In the present invention, elements such as Co, Ni and Cu are also added to the carburizing steel containing Cr as described above. The higher the Cr content, the more Cr
In spite of the fact that a large amount of carbide is easily generated and the torsional fatigue strength is easily reduced, in the present invention, the addition amount of elements such as Co, Ni, Cu is increased according to the addition amount of Cr. , Cr carbides can be suppressed and the torsional fatigue strength can be prevented from decreasing. Co, Ni, Cu, etc. are elements that suppress the formation of carbides, and addition of these elements can also suppress the formation of Cr carbides. C
The addition amounts of o, Ni, and Cu can be appropriately determined according to the carbide suppressing ability of these elements and the addition amount of Cr.
It is added in a range that satisfies the following formula (1), preferably the following formula (2), and more preferably the following formula (3).

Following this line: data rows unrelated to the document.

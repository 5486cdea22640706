-- ===== src/Ascii/Get/Replies.antt =====
-- What a get answers to keys one after the other, and the part of it that a pass gives.
use log_memcached.Base.{
  ℕ, ◌≤◌, ◌≡◌, refl, sym, ap, ◌∙◌, Bool, Option, none, some, List, [], ◌∷◌, ◌++◌, length, ◌>>=◌,
}
use mathlib.Core.List.{append_assoc, append-nil}
use log_memcached.Libc.{Libc}
use log_memcached.Items.{Cache, item_of}
use log_memcached.Items.Get.{do_item_get}
use log_memcached.Items.Renew.{do_item_update}
use log_memcached.Items.Lookup.{>>=-some}
use log_memcached.Delta.{Numbers}
use log_memcached.Drive.Send.{joined}
use log_memcached.Ascii.Listing.{Getting}
use log_memcached.Ascii.Get.{listed_item}
use log_memcached.Ascii.Get.Keys.{Sends, value_lines}

-- keys of at most 250 bytes
abbrev pub AllShort : List (List ℕ) → Type 0
AllShort [] = Unit {0}
AllShort (w ∷ ws) = (length w ≤ 250) × AllShort ws

pub AllShort-append : (xs ys : List (List ℕ)) → AllShort (xs ++ ys) → AllShort ys
AllShort-append [] ys a = a
AllShort-append (x ∷ xs) ys a = AllShort-append xs ys a.1

pub Sends-trans :
    (g h k : Getting) (b c : List ℕ) (held held' : List ℕ)
    → Sends g h b held
    → Sends h k c held'
    → Sends g k (b ++ c) (held ++ held')
Sends-trans g h k b c held held' p q = record {
  sent = q.sent ∙ ap (λ l. l ++ c) p.sent ∙ append_assoc (joined g.sent) b c;
  kept = q.kept ∙ ap (λ l. l ++ held') p.kept ∙ append_assoc g.ilist held held';
  item = q.item ∙ p.item;
}

pub Sends-refl : (g : Getting) → Sends g g [] []
Sends-refl g = record {
  sent = sym (append-nil (joined g.sent));
  kept = sym (append-nil g.ilist);
  item = refl;
}

pub some_injective : {A : Type 0} {a b : A} → some a ≡ some b → a ≡ b
some_injective e = cc

module _ ⦃libc : Libc⦄ (numbers : Numbers) (pause : Cache → Cache) (hash : List ℕ → ℕ)
    (return_cas : Bool) where
  -- What goes out for the item of a key, how many items that is, and the cache behind it.
  abbrev pub reply_item : Option ℕ → Cache → Option (List ℕ × List ℕ × Cache)
  reply_item none s = some ([], [], s)
  reply_item (some it) s = do
    (new_it, stored, s') ← do_item_update numbers.strtoul pause hash s it
    let (kept, s'') = listed_item it new_it stored s'
    some (value_lines numbers return_cas (item_of s it), kept ∷ [], s'')

  -- the same for keys one after the other
  abbrev pub replies : Cache → List (List ℕ) → Option (List ℕ × List ℕ × Cache)
  replies s [] = some ([], [], s)
  replies s (key ∷ keys) = do
    (found, s₁) ← do_item_get s key (hash key)
    (bytes, held, s₂) ← reply_item found s₁
    (others, held', s₃) ← replies s₂ keys
    some (bytes ++ others, held ++ held', s₃)

  -- the keys of a pass, and those behind it
  pub record Passed (s' : Cache) (g g' : Getting) (more : List (List ℕ)) (bytes : List ℕ)
      (held : List ℕ) : Type 0 where
    pub cache : Cache
    pub now : List ℕ
    pub later : List ℕ
    pub hits : List ℕ
    pub others : List ℕ
    pub sends : Sends g g' now hits
    pub rest : replies cache more ≡ some (later, others, s')
    pub bytes_lem : bytes ≡ now ++ later
    pub count : held ≡ hits ++ others

  unfoldable pub Passed-first :
      (s' : Cache) (g h k : Getting) (more : List (List ℕ)) (b o bytes i held' held : List ℕ)
      → Sends g h b i
      → Passed s' h k more o held'
      → bytes ≡ b ++ o
      → held ≡ i ++ held'
      → Passed s' g k more bytes held
  Passed-first s' g h k more b o bytes i held' held sends p e f = record {
    cache = p.cache;
    now = b ++ p.now;
    later = p.later;
    hits = i ++ p.hits;
    others = p.others;
    sends = Sends-trans g h k b p.now i p.hits sends p.sends;
    rest = p.rest;
    bytes_lem = e ∙ ap (λ l. b ++ l) p.bytes_lem ∙ sym (append_assoc b p.now p.later);
    count = f ∙ ap (λ l. i ++ l) p.count ∙ sym (append_assoc i p.hits p.others);
  }

  -- the first of several keys
  pub record First (s s' : Cache) (key : List ℕ) (keys : List (List ℕ)) (bytes : List ℕ)
      (held : List ℕ) : Type 0 where
    pub found : Option ℕ
    pub behind : Cache
    pub one : List ℕ × List ℕ × Cache
    pub others : List ℕ
    pub count : List ℕ
    pub got : do_item_get s key (hash key) ≡ some (found, behind)
    pub item : reply_item found behind ≡ some one
    pub rest : replies one.2 keys ≡ some (others, count, s')
    pub bytes_lem : bytes ≡ one.0 ++ others
    pub total : held ≡ one.1 ++ count

  pub replies-First :
      (s s' : Cache) (key : List ℕ) (keys : List (List ℕ)) (bytes : List ℕ) (held : List ℕ)
      → replies s (key ∷ keys) ≡ some (bytes, held, s')
      → First s s' key keys bytes held
  replies-First s s' key keys bytes held e =
      let ((found, s₁), got, e₁) = >>=-some (do_item_get s key (hash key)) _ e in
      let (one, item, e₂) = >>=-some (reply_item found s₁) _ e₁ in
      let ((others, held', s₃), rest, e₃) = >>=-some (replies one.2 keys) _ e₂ in
      let same = some_injective e₃ in
      record {
        found = found;
        behind = s₁;
        one = one;
        others = others;
        count = held';
        got = got;
        item = item;
        rest = rest ∙ ap (λ (x : List ℕ × List ℕ × Cache). some (others, held', x.2)) same;
        bytes_lem = sym (ap (λ (x : List ℕ × List ℕ × Cache). x.0) same);
        total = sym (ap (λ (x : List ℕ × List ℕ × Cache). x.1) same);
      }
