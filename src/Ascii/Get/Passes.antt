-- ===== src/Ascii/Get/Passes.antt =====
-- The tokens of one pass over a line, and its keys.
use log_memcached.Base.{
  ℕ, ◌+◌, ◌≤◌, ◌≡◌, refl, sym, ap, ◌∙◌, Bool, true, false, ◌==◌, inl, inr, Option, none, some, List,
  [], ◌∷◌, ◌++◌, length, drop, arith, Bool-cases,
}
use mathlib.Core.Path.{subst}
use log_memcached.Libc.{Libc}
use log_memcached.Items.{Cache}
use log_memcached.Items.Get.{do_item_get}
use log_memcached.Items.Renew.{do_item_update}
use log_memcached.Items.Lookup.{>>=-some}
use log_memcached.Delta.{Numbers}
use log_memcached.Ascii.Tokens.{Token, text, texts, unprocessed}
use log_memcached.Ascii.Listing.{Grants, Getting}
use log_memcached.Ascii.Get.{next, passed, get_key, get_keys}
use log_memcached.Ascii.Get.Keys.{IsGranted, Sends, get_key-hit, get_key-miss}
use log_memcached.Ascii.Get.Replies.{
  AllShort, Sends-refl, some_injective, reply_item, replies, Passed, Passed-first, replies-First,
}

-- what the terminal token points to, for a list that has one
unfoldable pub rest_value : List ℕ → List Token → Option (List ℕ)
rest_value command [] = none
rest_value command (t ∷ ts) = elim (t.length == 0) [
  | true ↦ elim t.value [ none ↦ none | some p ↦ some (drop p command) ]
  | false ↦ rest_value command ts
]

abbrev pub line_of : Option (List ℕ) → List ℕ
line_of none = []
line_of (some line) = line

pub rest_value-unprocessed :
    (command : List ℕ) (ts : List Token) → unprocessed command ts ≡ line_of (rest_value command ts)
unfolding rest_value unprocessed
rest_value-unprocessed command [] = refl
rest_value-unprocessed command (t ∷ ts) = elim (Bool-cases (t.length == 0)) [
  | inl end ↦ ground (arith, end)
  | inr long ↦ ground (arith, long, rest_value-unprocessed command ts)
]

rest_value-more :
    (command : List ℕ) (t : Token) (ts : List Token)
    → t.length == 0 ≡ false
    → rest_value command (t ∷ ts) ≡ rest_value command ts
unfolding rest_value
rest_value-more command t ts long = ground (arith, long)

module _ ⦃libc : Libc⦄ (numbers : Numbers) (pause : Cache → Cache) (hash : List ℕ → ℕ)
    (return_cas : Bool) where
  module _ (grants : ℕ → Grants) (all : (i : ℕ) → IsGranted (grants i)) where
    abbrev GoesOn : Cache → Getting → List ℕ → List ℕ × List ℕ × Cache → Type 0
    GoesOn s g key (bytes, held, s') =
        (g' : Getting) × (get_key numbers pause hash return_cas grants s g key ≡ some (next g' s'))
        × Sends g g' bytes held

    get_key-GoesOn :
        (found : Option ℕ) (s s₁ : Cache) (g : Getting) (key : List ℕ) (r : List ℕ × List ℕ × Cache)
        → length key ≤ 250
        → do_item_get s key (hash key) ≡ some (found, s₁)
        → reply_item numbers pause hash return_cas found s₁ ≡ some r
        → GoesOn s g key r
    get_key-GoesOn none s s₁ g key r short got e =
        subst (GoesOn s g key) (some_injective e)
          (get_key-miss numbers pause hash return_cas grants all s s₁ g key short got)
    get_key-GoesOn (some it) s s₁ g key r short got e =
        let ((new_it, stored, s₂), updated, e₁) =
          >>=-some (do_item_update numbers.strtoul pause hash s₁ it) _ e in
        subst (GoesOn s g key) (some_injective e₁) (
          get_key-hit numbers pause hash return_cas grants all s s₁ s₂ g key it new_it stored short
            got updated)

    get_keys-more :
        (s s' : Cache) (g g' : Getting) (command : List ℕ) (t : Token) (ts : List Token)
        → t.length == 0 ≡ false
        → get_key numbers pause hash return_cas grants s g (text command t) ≡ some (next g' s')
        → get_keys numbers pause hash return_cas grants s g command (t ∷ ts)
          ≡ get_keys numbers pause hash return_cas grants s' g' command ts
    unfolding get_keys
    get_keys-more s s' g g' command t ts long step = rw (long, get_keys, step) refl

    pub get_keys-Passed :
        (s s' : Cache) (g : Getting) (command : List ℕ) (ts : List Token) (more : List (List ℕ))
        (bytes : List ℕ) (held : List ℕ)
        → length ts ≡ length (texts command ts) + 1
        → AllShort (texts command ts ++ more)
        → replies numbers pause hash return_cas s (texts command ts ++ more)
          ≡ some (bytes, held, s')
        → (g' : Getting) × (p : Passed numbers pause hash return_cas s' g g' more bytes held)
          × (get_keys numbers pause hash return_cas grants s g command ts
              ≡ some (passed (rest_value command ts) g' p.cache))
    unfolding get_keys texts rest_value Passed-first
    get_keys-Passed s s' g command [] more bytes held ended short e = absurd (omega (arith, ended))
    get_keys-Passed s s' g command (t ∷ ts) more bytes held ended short e =
        elim (Bool-cases (t.length == 0)) [
          | inl last ↦ (
            g,
            record {
              cache = s;
              now = [];
              later = bytes;
              hits = [];
              others = held;
              sends = Sends-refl g;
              rest = let f = e in rw last at f;
              bytes_lem = refl;
              count = refl;
            },
            ground (arith, last),
          )
          | inr long ↦
              let e' = e in
              let short' = short in
              let first =
                replies-First numbers pause hash return_cas s s' (text command t)
                  (texts command ts ++ more) bytes held (rw long at e') in
              let shorts : AllShort (text command t ∷ (texts command ts ++ more)) =
                rw long at short' in
              let (h, step, sends) =
                get_key-GoesOn first.found s first.behind g (text command t) first.one shorts.0
                  first.got first.item in
              let (k, p, passes) =
                get_keys-Passed first.one.2 s' h command ts more first.others first.count
                  (ground (arith, long, ended)) shorts.1 first.rest in
              (
                k,
                Passed-first numbers pause hash return_cas s' g h k more first.one.0 first.others
                    bytes first.one.1 first.count held sends p first.bytes_lem first.total,
                get_keys-more s first.one.2 g h command t ts long step
                    ∙ passes
                    ∙ ap (λ v. some (passed v k p.cache)) (sym (rest_value-more command t ts long)),
              )
        ]
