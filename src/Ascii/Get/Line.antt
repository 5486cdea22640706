-- ===== src/Ascii/Get/Line.antt =====
-- The answer to a line of keys, however many passes its tokens take.
use log_memcached.Base.{
  ℕ, zero, suc, ◌+◌, ◌≤◌, ◌<◌, ◌≡◌, refl, sym, ap, ap₂, ◌∙◌, Bool, inl, inr, none, some, List, [],
  ◌∷◌, ◌++◌, length, drop, take-drop, arith, Option-cases,
}
use mathlib.Core.List.{append-nil}
use mathlib.Core.Path.{subst}
use log_memcached.Libc.{Libc}
use log_memcached.Items.{Cache}
use log_memcached.Items.Total.{>>=-eq}
use log_memcached.Delta.{Numbers}
use log_memcached.Drive.Send.{joined}
use log_memcached.Ascii.Tokens.{Token, max_tokens, tokenize_command, texts, unprocessed}
use log_memcached.Ascii.Tokens.Words.{words, words_from, tokenize_command-words}
use log_memcached.Ascii.Listing.{Grants, Getting}
use log_memcached.Ascii.Get.{passed, returned, first_value, end_get, get_keys, get_loop}
use log_memcached.Ascii.Get.Keys.{IsGranted, Sends}
use log_memcached.Ascii.Get.First.{Begins, scan-Begins}
use log_memcached.Ascii.Get.Replies.{
  AllShort, AllShort-append, Sends-trans, some_injective, replies, Passed,
}
use log_memcached.Ascii.Get.Passes.{rest_value, line_of, rest_value-unprocessed, get_keys-Passed}

pub length-drop_le : (n : ℕ) (xs : List (List ℕ)) → length (drop n xs) ≤ length xs
length-drop_le zero xs = omega arith
length-drop_le (suc n) [] = omega arith
length-drop_le (suc n) (x ∷ xs) = omega (arith, length-drop_le n xs)

words_nil : words [] ≡ []
unfolding words_from
words_nil = refl

pub tokenize-Begins :
    (line : List ℕ) → Begins (words line) (first_value (tokenize_command line max_tokens))
unfolding tokenize_command
tokenize-Begins line = scan-Begins 7 line 0 0

-- The words of a line are those of its tokens and of what is left.
tokens_words :
    (line : List ℕ)
    → texts line (tokenize_command line max_tokens)
        ++ words (unprocessed line (tokenize_command line max_tokens))
      ≡ words line
tokens_words line =
    let t = tokenize_command-words line max_tokens (omega arith) in
    ap₂ (λ x y. x ++ y) t.0 t.1 ∙ take-drop 7 (words line)

module _ ⦃libc : Libc⦄ (numbers : Numbers) (pause : Cache → Cache) (hash : List ℕ → ℕ)
    (return_cas : Bool) (grants : ℕ → Grants) (all : (i : ℕ) → IsGranted (grants i)) where
  -- The loop ends, with the answer to all keys.
  abbrev pub Ends : ℕ → Cache → Cache → Getting → List ℕ → List Token → List ℕ → List ℕ → Type 0
  Ends fuel s s' g command ts bytes held =
      (g' : Getting) × (get_loop numbers pause hash return_cas grants fuel none s g command ts
        ≡ some (returned (end_get return_cas none g') s'))
      × Sends g g' bytes held

  Sends-eq :
      (g g' : Getting) (b c : List ℕ) (held held' : List ℕ)
      → b ≡ c
      → held ≡ held'
      → Sends g g' b held
      → Sends g g' c held'
  Sends-eq g g' b c held held' e f p = record {
    sent = p.sent ∙ ap (λ l. joined g.sent ++ l) e;
    kept = p.kept ∙ ap (λ k. g.ilist ++ k) f;
    item = p.item;
  }

  -- A pass behind which there is no key.
  Passed-all :
      (s' : Cache) (g g₁ : Getting) (more : List (List ℕ)) (bytes : List ℕ) (held : List ℕ)
      (p : Passed numbers pause hash return_cas s' g g₁ more bytes held)
      → more ≡ []
      → (p.cache ≡ s') × Sends g g₁ bytes held
  Passed-all s' g g₁ more bytes held p nothing =
      let r = p.rest in
      let q : replies numbers pause hash return_cas p.cache [] ≡ some (p.later, p.others, s') =
        subst
          (λ (l : List (List ℕ)).
            replies numbers pause hash return_cas p.cache l ≡ some (p.later, p.others, s'))
          nothing r in
      let same = some_injective q in
      let done = p.bytes_lem in
      (
        ap (λ (x : List ℕ × List ℕ × Cache). x.2) same,
        Sends-eq g g₁ p.now bytes p.hits held
            (sym (
              done
              ∙ ap (λ (x : List ℕ × List ℕ × Cache). p.now ++ x.0) (sym same)
              ∙ append-nil p.now))
            (sym (
              p.count
              ∙ ap (λ (x : List ℕ × List ℕ × Cache). p.hits ++ x.1) (sym same)
              ∙ append-nil p.hits))
            p.sends,
      )

  -- The last pass, and one behind which there is another.
  loop_last :
      (fuel : ℕ) (s s' : Cache) (g g₁ : Getting) (command : List ℕ) (ts : List Token)
      (bytes : List ℕ) (held : List ℕ)
      → get_keys numbers pause hash return_cas grants s g command ts ≡ some (passed none g₁ s')
      → Sends g g₁ bytes held
      → Ends (suc fuel) s s' g command ts bytes held
  unfolding get_loop
  loop_last fuel s s' g g₁ command ts bytes held keys sends = (g₁, >>=-eq _ _ _ keys refl, sends)

  loop_blank :
      (fuel : ℕ) (s s' : Cache) (g g₁ : Getting) (command line : List ℕ) (ts : List Token)
      (bytes : List ℕ) (held : List ℕ)
      → get_keys numbers pause hash return_cas grants s g command ts
        ≡ some (passed (some line) g₁ s')
      → first_value (tokenize_command line max_tokens) ≡ none
      → Sends g g₁ bytes held
      → Ends (suc fuel) s s' g command ts bytes held
  unfolding get_loop
  loop_blank fuel s s' g g₁ command line ts bytes held keys blank sends =
      (g₁, >>=-eq _ _ _ keys (rw blank refl), sends)

  loop_more :
      (fuel i : ℕ) (s s₁ s' : Cache) (g g₁ : Getting) (command line : List ℕ) (ts : List Token)
      (now later : List ℕ) (held held' : List ℕ)
      → get_keys numbers pause hash return_cas grants s g command ts
        ≡ some (passed (some line) g₁ s₁)
      → first_value (tokenize_command line max_tokens) ≡ some i
      → Sends g g₁ now held
      → Ends fuel s₁ s' g₁ line (tokenize_command line max_tokens) later held'
      → Ends (suc fuel) s s' g command ts (now ++ later) (held ++ held')
  unfolding get_loop
  loop_more fuel i s s₁ s' g g₁ command line ts now later held held' keys begun sends
        (g', ends, others) =
      (g', >>=-eq _ _ _ keys (rw begun ends), Sends-trans g g₁ g' now later held held' sends others)

  pub get_loop-Ends :
      (fuel : ℕ) (s s' : Cache) (g : Getting) (command : List ℕ) (ts : List Token) (bytes : List ℕ)
      (held : List ℕ)
      → length ts ≡ length (texts command ts) + 1
      → AllShort (texts command ts ++ words (unprocessed command ts))
      → replies numbers pause hash return_cas s (texts command ts ++ words (unprocessed command ts))
        ≡ some (bytes, held, s')
      → length (words (unprocessed command ts)) < fuel
      → Ends fuel s s' g command ts bytes held
  get_loop-Ends zero s s' g command ts bytes held ended short e enough =
      absurd (omega (arith, enough))
  get_loop-Ends (suc fuel) s s' g command ts bytes held ended short e enough =
      let more : List (List ℕ) = words (unprocessed command ts) in
      let (g₁, p, keys) =
        get_keys-Passed numbers pause hash return_cas grants all s s' g command ts more bytes held
          ended short e in
      let rest = rest_value-unprocessed command ts in
      elim (Option-cases (rest_value command ts)) [
        | inl r ↦
            let (same, sends) =
              Passed-all s' g g₁ more bytes held p (ap words (rest ∙ ap line_of r) ∙ words_nil) in
            loop_last fuel s s' g g₁ command ts bytes held
              (keys
                ∙ ap (λ v. some (passed v g₁ p.cache)) r
                ∙ ap (λ x. some (passed none g₁ x)) same)
              sends
        | inr (line, r) ↦
            let at : unprocessed command ts ≡ line = rest ∙ ap line_of r in
            let keys' = keys ∙ ap (λ v. some (passed v g₁ p.cache)) r in
            elim (tokenize-Begins line) [
              | inl (nothing, blank) ↦
                  let (same, sends) =
                    Passed-all s' g g₁ more bytes held p (ap words at ∙ nothing) in
                  loop_blank fuel s s' g g₁ command line ts bytes held
                    (keys' ∙ ap (λ x. some (passed (some line) g₁ x)) same) blank sends
              | inr (w, ws, i, begins, begun) ↦
                  let ts' : List Token = tokenize_command line max_tokens in
                  let t = tokenize_command-words line max_tokens (omega arith) in
                  let same = ap words at ∙ sym (tokens_words line) in
                  let shorts = AllShort-append (texts command ts) more short in
                  let left : length (words (unprocessed line ts')) < fuel = omega (
                    arith,
                    enough,
                    ap (λ u. length (words u)) at,
                    ap length t.1,
                    ap length begins,
                    ap (λ l. length (drop 7 l)) begins,
                    length-drop_le 6 ws,
                  ) in
                  let (g', ends, sends) =
                    loop_more fuel i s p.cache s' g g₁ command line ts p.now p.later p.hits p.others
                      keys' begun p.sends
                      (get_loop-Ends fuel p.cache s' g₁ line ts' p.later p.others t.3
                        (subst AllShort same shorts)
                        (subst
                          (λ (l : List (List ℕ)).
                            replies numbers pause hash return_cas p.cache l
                            ≡ some (p.later, p.others, s'))
                          same p.rest)
                        left) in
                  (
                    g',
                    ends,
                    Sends-eq g g' (p.now ++ p.later) bytes (p.hits ++ p.others) held
                        (sym p.bytes_lem) (sym p.count) sends,
                  )
            ]
      ]
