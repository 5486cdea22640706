-- ===== src/Ascii/Get/Answer.antt =====
-- `process_get_command` on a whole line.
use log_memcached.Base.{
  ℕ, ◌+◌, ◌<◌, ◌≡◌, refl, sym, ap, ap₂, ◌∙◌, Bool, none, some, List, [], ◌∷◌, ◌++◌, length, take,
  drop, take-drop, arith,
}
use mathlib.Core.List.{append_assoc}
use mathlib.Core.Path.{subst}
use log_memcached.Base.Text.{codes}
use log_memcached.Libc.{Libc}
use log_memcached.Items.{Cache}
use log_memcached.Delta.{Numbers}
use log_memcached.Drive.Send.{joined}
use log_memcached.Drive.Send.Order.{joined-append}
use log_memcached.Ascii.Conn.{conn_mwrite}
use log_memcached.Ascii.Tokens.{Token, max_tokens, tokenize_command, texts, unprocessed}
use log_memcached.Ascii.Tokens.Words.{words, tokenize_command-words}
use log_memcached.Ascii.Listing.{Grants, Getting, add_parts}
use log_memcached.Ascii.Get.{returned, end_get, process_get_command}
use log_memcached.Ascii.Get.Keys.{IsGranted}
use log_memcached.Ascii.Get.First.{texts-drop_one}
use log_memcached.Ascii.Get.Replies.{AllShort, replies}
use log_memcached.Ascii.Get.Line.{length-drop_le, get_loop-Ends}

-- what the end of the command leaves
record IsEnd (g g' : Getting) : Type 0 where
  pub sent : joined g'.sent ≡ joined g.sent ++ codes "END\r\n"
  pub same : g'.ilist ≡ g.ilist
  pub item : g'.client.item ≡ g.client.item
  pub left : g'.ileft ≡ length g.ilist
  pub sending : g'.client.state ≡ conn_mwrite

end_get-IsEnd : (return_cas : Bool) (g : Getting) → IsEnd g (end_get return_cas none g)
unfolding end_get add_parts
end_get-IsEnd return_cas g = record {
  sent = joined-append g.sent (codes "END\r\n" ∷ []);
  same = refl;
  item = refl;
  left = refl;
  sending = refl;
}

-- the keys of a line are what its first pass and the rest hold behind the name
pub keys_words :
    (command name : List ℕ) (keys : List (List ℕ))
    → words command ≡ name ∷ keys
    → (texts command (drop 1 (tokenize_command command max_tokens)) ≡ take 6 keys)
      × (words (unprocessed command (drop 1 (tokenize_command command max_tokens))) ≡ drop 6 keys)
      × (length (drop 1 (tokenize_command command max_tokens))
          ≡ length (texts command (drop 1 (tokenize_command command max_tokens))) + 1)
keys_words command name keys e =
    let t = tokenize_command-words command max_tokens (omega arith) in
    let d =
      texts-drop_one command name (take 6 keys) (tokenize_command command max_tokens)
        (t.0 ∙ ap (take 7) e) t.3 in
    (d.0, ap words d.1 ∙ t.1 ∙ ap (drop 7) e, d.2)

module _ ⦃libc : Libc⦄ (numbers : Numbers) (pause : Cache → Cache) (hash : List ℕ → ℕ)
    (return_cas : Bool) (grants : ℕ → Grants) where
  -- Where everything is granted, on a line with the name of the command and keys of at most 250
  -- bytes, however many, where no assertion fails for the keys one after the other, and with fuel
  -- above the number of keys, process_get_command returns with the cache that the keys one after
  -- the other leave and is about to send; what it has added to send are, in the order of the keys,
  -- the line and the value of each item that is found, and END; and the list of the items to
  -- release, all of which are to be released, is that of the items that those keys hold, and the
  -- item of the connection is as it was.
  pub process_get_command-answers :
      (fuel : ℕ) (s s' : Cache) (g : Getting) (command name bytes : List ℕ) (keys : List (List ℕ))
      (held : List ℕ)
      → ((i : ℕ) → IsGranted (grants i))
      → words command ≡ name ∷ keys
      → AllShort keys
      → replies numbers pause hash return_cas s keys ≡ some (bytes, held, s')
      → length keys < fuel
      → (g' : Getting) × (process_get_command numbers pause hash return_cas grants fuel none s g
            command
            (tokenize_command command max_tokens)
          ≡ some (returned g' s'))
        × (joined g'.sent ≡ joined g.sent ++ (bytes ++ codes "END\r\n"))
        × (g'.ilist ≡ held)
        × (g'.ileft ≡ length g'.ilist)
        × (g'.client.item ≡ g.client.item)
        × (g'.client.state ≡ conn_mwrite)
  unfolding process_get_command
  process_get_command-answers fuel s s' g command name bytes keys held all line short e enough =
      let ts : List Token = drop 1 (tokenize_command command max_tokens) in
      let (now, later, ended) = keys_words command name keys line in
      let same : keys ≡ texts command ts ++ words (unprocessed command ts) =
        sym (ap₂ (λ x y. x ++ y) now later ∙ take-drop 6 keys) in
      let (g₁, ends, sends) =
        get_loop-Ends numbers pause hash return_cas grants all fuel s s' (record g { ilist = [] })
          command ts bytes held ended (subst AllShort same short)
          (subst
            (λ (l : List (List ℕ)).
              replies numbers pause hash return_cas s l ≡ some (bytes, held, s'))
            same e)
          (omega (arith, enough, ap length later, length-drop_le 6 keys)) in
      let end = end_get-IsEnd return_cas g₁ in
      (
        end_get return_cas none g₁,
        ends,
        end.sent
            ∙ ap (λ l. l ++ codes "END\r\n") sends.sent
            ∙ append_assoc (joined g.sent) bytes (codes "END\r\n"),
        end.same ∙ sends.kept,
        end.left ∙ ap length (sym end.same),
        end.item ∙ sends.item,
        end.sending,
      )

[Co] + 2.1 × [Ni] + 2.8 × [Cu] −2.4 × [Cr]> 0 (1) [Co] + 2.1 × [Ni] + 2.8 × [Cu ] -2.4 * [Cr]> 1 ... (2) [Co] + 2.1 * [Ni] + 2.8 * [Cu] -2.4 * [Cr]> 2 ... (3) [In Formula, [Co], [Ni], [Cu], or [Cr]
Respectively represent Co content (mass%), Ni content (mass%), Cu content (mass%), or Cr content (mass%) in the steel.] The above formulas (1) to (3) The larger the value on the left side of (), the more the amount of Cr carbide in the carburized layer after carburization can be suppressed, and the torsional fatigue strength of the carburized member can be increased.
The above Co, Ni, and Cu may be added alone, and 2
You may add in combination of 1 or more types.

As long as the above equations (1) to (3) are satisfied, C
Although the addition amount of o is not particularly limited, for example, 7 mass% or less (including 0%), preferably 6 mass% or less, more preferably 5 mass% or less, and particularly 3 mass% or less (eg,
It is desirable to suppress it to 1.5 mass% or less). Even if Co is added too much, the effect is saturated as compared with the addition amount, and further, since it is an expensive element, the manufacturing cost is improved.

Further, the addition amount of Ni also depends on the above formulas (1) to (3).
It is not particularly limited as long as it satisfies, but for example, 4.5 mass% or less (including 0%), preferably 3.5 mass% or less,
More preferably 2.5 mass% or less, especially 1.7 mass%
It is desirable to suppress it to the following. If Ni is added too much, the effect will be saturated compared to the amount added.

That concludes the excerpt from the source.